■ Recorded data
•••

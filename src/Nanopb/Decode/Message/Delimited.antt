-- ===== src/Nanopb/Decode/Message/Delimited.antt =====
-- `pb_decode_delimited` of pb_decode.c: the part of the stream that the message is decoded from, and what
-- is left behind it.
use social_timeline.Common.{ℕ, suc, ◌-◌, ◌^◌, ◌≤◌, ◌<◌, ◌≡◌, ◌≢◌, arith, ◌∙◌, ap}
use social_timeline.Common.{
  Bool, true, false, none, Option, List, [], ◌++◌, All, length, drop, length-append, append_assoc,
}
use social_timeline.Nanopb.Outcome.{Errmsg, Outcome, ok, fail, bind}
use social_timeline.Nanopb.Istream.Reads.{reading}
use social_timeline.Nanopb.Varint.Bytes.{varint}
use social_timeline.Nanopb.Wire.Decode.{
  pb_make_string_substream_cut, pb_close_string_substream_skips,
}
use social_timeline.Nanopb.Field.{Field}
use social_timeline.Nanopb.Field.Iterate.{HasTag, descriptor}
use social_timeline.Nanopb.Memory.{Memory, load}
use social_timeline.Nanopb.Ostream.{pb_ostream_from_buffer}
use social_timeline.Nanopb.Ostream.Bounds.{holding}
use social_timeline.Nanopb.Encode.Message.{pb_encode_delimited}
use social_timeline.Nanopb.Encode.Spec.{string}
use social_timeline.Nanopb.Encode.Refines.{Setting, program, content}
use social_timeline.Nanopb.Encode.Sizes.{pb_encode_delimited_into_buffer}
use social_timeline.Nanopb.Heap.{Machine}
use social_timeline.Nanopb.Decode.State.{
  Decoding, DecoderProgram, with_machine, on_stream, return_status, closing, in_substream,
}
use social_timeline.Nanopb.Decode.Values.{decoding}
use social_timeline.Nanopb.Decode.Message.{pb_decode, pb_decode_delimited}
use social_timeline.Nanopb.Decode.Message.Sequence.{field_at, entries_bytes}
use social_timeline.Nanopb.Decode.Message.Layout.{IsUnsigned, address, held}
use social_timeline.Nanopb.Decode.Message.RoundTrip.{message_bytes-held, pb_decode-held}

-- The answer `status`, and what is left.
abbrev returned : {S : Type 0} → Bool → Decoding S → Outcome (Decoding S) (Unit {0})
returned true d = ok tt d
returned false d = fail d

module _ {S : Type 0} where
  closing_skips :
      (status : Bool) (rest l before : List ℕ) (n : ℕ) (err err' : Option Errmsg) (x : Machine)
      → closing {S = S}
          (reading before n err)
          (returned status (decoding (rest ++ l) (length rest) err' x))
        ≡ returned status (decoding l n err' x)
  unfolding closing return_status
  closing_skips true rest l before n err err' x =
      ap (return_status true x) (pb_close_string_substream_skips rest l before n err' err)
  closing_skips false rest l before n err err' x =
      ap (return_status false x) (pb_close_string_substream_skips rest l before n err' err)

  -- In front of the length of a message and its bytes, `pb_decode_delimited` answers as `pb_decode` does on
  -- a stream that ends with these bytes. What that leaves of them is skipped, and the stream goes on with
  -- what lies behind them.
  pub pb_decode_delimited_skips :
      (program : DecoderProgram S) (depth : ℕ) (fields : List Field) (dest n : ℕ)
      (bytes rest l : List ℕ) (err err' : Option Errmsg) (x x' : Machine) (status : Bool)
      → length bytes < 2 ^ 32
      → length (string bytes) ≤ n
      → pb_decode program depth fields dest (decoding (bytes ++ l) (length bytes) err x)
        ≡ returned status (decoding (rest ++ l) (length rest) err' x')
      → pb_decode_delimited program depth fields dest (decoding (string bytes ++ l) n err x)
        ≡ returned status (decoding l (n - length (string bytes)) err' x')
  unfolding pb_decode_delimited on_stream with_machine in_substream
  pb_decode_delimited_skips program depth fields dest n bytes rest l err err' x x' status small long
        decoded =
      let prefix = varint 9 (length bytes) in
      let size = length-append prefix bytes in
      let behind = n - length prefix - length bytes in
      let same : behind ≡ n - length (string bytes) = omega (arith, size) in
      let message = pb_decode program depth fields dest in
      ap (λ bytes. pb_decode_delimited program depth fields dest (decoding bytes n err x))
        (append_assoc prefix bytes l)
      ∙ ap (λ o. bind (with_machine x o) (in_substream message))
          (pb_make_string_substream_cut {S = S} bytes l n err small (omega (arith, size)))
      ∙ ap (closing (reading (bytes ++ l) behind err)) decoded
      ∙ closing_skips status rest l (bytes ++ l) behind err err' x'
      ∙ ap (λ k. returned status (decoding l k err' x')) same

-- A message of up to 64 fields, which are all required and of unsigned types, that
-- `pb_encode_delimited` has put into a buffer is read back by `pb_decode_delimited` from a stream that
-- goes on behind it: it succeeds, the stream then goes on with what lies behind the message, and each
-- field of the structure at `dest` holds the number that the same field of the structure at `src` holds.
-- The fields have 1, 2, 4 or 8 bytes, no two have the same tag, which is below 2 ^ 29, `src` is not 0, the
-- message has less than 2 ^ 32 bytes, and the buffer has room for it with its length.
pub pb_decode_delimited-pb_encode_delimited :
    {S : Type 0} (setting : Setting) (decoder : DecoderProgram S) (depth depth' : ℕ)
    (fs behind : List Field) (src dest : ℕ) (buffer : List ℕ) (bufsize n : ℕ) (x : Machine)
    → All HasTag fs
    → ((j : ℕ) → j < length fs → IsUnsigned fs behind j)
    → 0 < length fs
    → length fs ≤ 64
    → src ≢ 0
    → let bytes = entries_bytes fs behind (held fs behind setting.memory src (length fs) 0) in
      length bytes < 2 ^ 32
      → length (string bytes) ≤ bufsize
      → bufsize ≤ length buffer
      → bufsize < 2 ^ 64
      → length (string bytes) ≤ n
      → let rest = drop (length (string bytes)) buffer in
        (pb_encode_delimited
            (program setting)
            (suc depth)
            (descriptor fs behind)
            src
            (pb_ostream_from_buffer buffer bufsize)
          ≡ ok tt (holding (string bytes) rest bufsize (length (string bytes)) none))
        × (m : Memory) × (pb_decode_delimited decoder
              (suc depth')
              (descriptor fs behind)
              dest
              (decoding {S = S} (string bytes ++ rest) n none x)
            ≡ ok tt (decoding rest (n - length (string bytes)) none (record x { memory = m })))
        × ((j : ℕ)
            → j < length fs
            → load m (field_at fs behind j).data_size (address fs behind dest j)
              ≡ load setting.memory (field_at fs behind j).data_size (address fs behind src j))
pb_decode_delimited-pb_encode_delimited setting decoder depth depth' fs behind src dest buffer
      bufsize n x all simple nonempty few somewhere small fits inside short long =
    let fields = descriptor fs behind in
    let bytes = entries_bytes fs behind (held fs behind setting.memory src (length fs) 0) in
    let rest = drop (length (string bytes)) buffer in
    let meant =
      message_bytes-held fs behind all simple (content setting) src somewhere depth nonempty in
    let (m, decoded, holds) =
      pb_decode-held decoder depth' fs behind setting.memory src dest rest x all simple
        setting.is_memory nonempty few in
    (
      pb_encode_delimited_into_buffer setting (suc depth) fields src bytes meant buffer bufsize fits
          inside short,
      m,
      pb_decode_delimited_skips decoder (suc depth') fields dest n bytes [] rest none none x
          (record x { memory = m }) true small long decoded,
      holds,
    )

•••

■ Aim of the exercise
Print all of the entries exactly as they appear.

■ Problem solution
filename src/Nanopb/Decode/Message/Delimited.antt
-- ===== src/Nanopb/Decode/Message/Delimited.antt =====
-- `pb_decode_delimited` of pb_decode.c: the part of the stream that the message is decoded from, and what
-- is left behind it.
use social_timeline.Common.{ℕ, suc, ◌-◌, ◌^◌, ◌≤◌, ◌<◌, ◌≡◌, ◌≢◌, arith, ◌∙◌, ap}
use social_timeline.Common.{
  Bool, true, false, none, Option, List, [], ◌++◌, All, length, drop, length-append, append_assoc,
}
use social_timeline.Nanopb.Outcome.{Errmsg, Outcome, ok, fail, bind}
use social_timeline.Nanopb.Istream.Reads.{reading}
use social_timeline.Nanopb.Varint.Bytes.{varint}
use social_timeline.Nanopb.Wire.Decode.{
  pb_make_string_substream_cut, pb_close_string_substream_skips,
}
use social_timeline.Nanopb.Field.{Field}
use social_timeline.Nanopb.Field.Iterate.{HasTag, descriptor}
use social_timeline.Nanopb.Memory.{Memory, load}
use social_timeline.Nanopb.Ostream.{pb_ostream_from_buffer}
use social_timeline.Nanopb.Ostream.Bounds.{holding}
use social_timeline.Nanopb.Encode.Message.{pb_encode_delimited}
use social_timeline.Nanopb.Encode.Spec.{string}
use social_timeline.Nanopb.Encode.Refines.{Setting, program, content}
use social_timeline.Nanopb.Encode.Sizes.{pb_encode_delimited_into_buffer}
use social_timeline.Nanopb.Heap.{Machine}
use social_timeline.Nanopb.Decode.State.{
  Decoding, DecoderProgram, with_machine, on_stream, return_status, closing, in_substream,
}
use social_timeline.Nanopb.Decode.Values.{decoding}
use social_timeline.Nanopb.Decode.Message.{pb_decode, pb_decode_delimited}
use social_timeline.Nanopb.Decode.Message.Sequence.{field_at, entries_bytes}
use social_timeline.Nanopb.Decode.Message.Layout.{IsUnsigned, address, held}
use social_timeline.Nanopb.Decode.Message.RoundTrip.{message_bytes-held, pb_decode-held}

-- The answer `status`, and what is left.
abbrev returned : {S : Type 0} → Bool → Decoding S → Outcome (Decoding S) (Unit {0})
returned true d = ok tt d
returned false d = fail d

module _ {S : Type 0} where
  closing_skips :
      (status : Bool) (rest l before : List ℕ) (n : ℕ) (err err' : Option Errmsg) (x : Machine)
      → closing {S = S}
          (reading before n err)
          (returned status (decoding (rest ++ l) (length rest) err' x))
        ≡ returned status (decoding l n err' x)
  unfolding closing return_status
  closing_skips true rest l before n err err' x =
      ap (return_status true x) (pb_close_string_substream_skips rest l before n err' err)
  closing_skips false rest l before n err err' x =
      ap (return_status false x) (pb_close_string_substream_skips rest l before n err' err)

  -- In front of the length of a message and its bytes, `pb_decode_delimited` answers as `pb_decode` does on
  -- a stream that ends with these bytes. What that leaves of them is skipped, and the stream goes on with
  -- what lies behind them.
  pub pb_decode_delimited_skips :
      (program : DecoderProgram S) (depth : ℕ) (fields : List Field) (dest n : ℕ)
      (bytes rest l : List ℕ) (err err' : Option Errmsg) (x x' : Machine) (status : Bool)
      → length bytes < 2 ^ 32
      → length (string bytes) ≤ n
      → pb_decode program depth fields dest (decoding (bytes ++ l) (length bytes) err x)
        ≡ returned status (decoding (rest ++ l) (length rest) err' x')
      → pb_decode_delimited program depth fields dest (decoding (string bytes ++ l) n err x)
        ≡ returned status (decoding l (n - length (string bytes)) err' x')
  unfolding pb_decode_delimited on_stream with_machine in_substream
  pb_decode_delimited_skips program depth fields dest n bytes rest l err err' x x' status small long
        decoded =
      let prefix = varint 9 (length bytes) in
      let size = length-append prefix bytes in
      let behind = n - length prefix - length bytes in
      let same : behind ≡ n - length (string bytes) = omega (arith, size) in
      let message = pb_decode program depth fields dest in
      ap (λ bytes. pb_decode_delimited program depth fields dest (decoding bytes n err x))
        (append_assoc prefix bytes l)
      ∙ ap (λ o. bind (with_machine x o) (in_substream message))
          (pb_make_string_substream_cut {S = S} bytes l n err small (omega (arith, size)))
      ∙ ap (closing (reading (bytes ++ l) behind err)) decoded
      ∙ closing_skips status rest l (bytes ++ l) behind err err' x'
      ∙ ap (λ k. returned status (decoding l k err' x')) same

-- A message of up to 64 fields, which are all required and of unsigned types, that
-- `pb_encode_delimited` has put into a buffer is read back by `pb_decode_delimited` from a stream that
-- goes on behind it: it succeeds, the stream then goes on with what lies behind the message, and each
-- field of the structure at `dest` holds the number that the same field of the structure at `src` holds.
-- The fields have 1, 2, 4 or 8 bytes, no two have the same tag, which is below 2 ^ 29, `src` is not 0, the
-- message has less than 2 ^ 32 bytes, and the buffer has room for it with its length.
pub pb_decode_delimited-pb_encode_delimited :
    {S : Type 0} (setting : Setting) (decoder : DecoderProgram S) (depth depth' : ℕ)
    (fs behind : List Field) (src dest : ℕ) (buffer : List ℕ) (bufsize n : ℕ) (x : Machine)
    → All HasTag fs
    → ((j : ℕ) → j < length fs → IsUnsigned fs behind j)
    → 0 < length fs
    → length fs ≤ 64
    → src ≢ 0
    → let bytes = entries_bytes fs behind (held fs behind setting.memory src (length fs) 0) in
      length bytes < 2 ^ 32
      → length (string bytes) ≤ bufsize
      → bufsize ≤ length buffer
      → bufsize < 2 ^ 64
      → length (string bytes) ≤ n
      → let rest = drop (length (string bytes)) buffer in
        (pb_encode_delimited
            (program setting)
            (suc depth)
            (descriptor fs behind)
            src
            (pb_ostream_from_buffer buffer bufsize)
          ≡ ok tt (holding (string bytes) rest bufsize (length (string bytes)) none))
        × (m : Memory) × (pb_decode_delimited decoder
              (suc depth')
              (descriptor fs behind)
              dest
              (decoding {S = S} (string bytes ++ rest) n none x)
            ≡ ok tt (decoding rest (n - length (string bytes)) none (record x { memory = m })))
        × ((j : ℕ)
            → j < length fs
            → load m (field_at fs behind j).data_size (address fs behind dest j)
              ≡ load setting.memory (field_at fs behind j).data_size (address fs behind src j))
pb_decode_delimited-pb_encode_delimited setting decoder depth depth' fs behind src dest buffer
      bufsize n x all simple nonempty few somewhere small fits inside short long =
    let fields = descriptor fs behind in
    let bytes = entries_bytes fs behind (held fs behind setting.memory src (length fs) 0) in
    let rest = drop (length (string bytes)) buffer in
    let meant =
      message_bytes-held fs behind all simple (content setting) src somewhere depth nonempty in
    let (m, decoded, holds) =
      pb_decode-held decoder depth' fs behind setting.memory src dest rest x all simple
        setting.is_memory nonempty few in
    (
      pb_encode_delimited_into_buffer setting (suc depth) fields src bytes meant buffer bufsize fits
          inside short,
      m,
      pb_decode_delimited_skips decoder (suc depth') fields dest n bytes [] rest none none x
          (record x { memory = m }) true small long decoded,
      holds,
    )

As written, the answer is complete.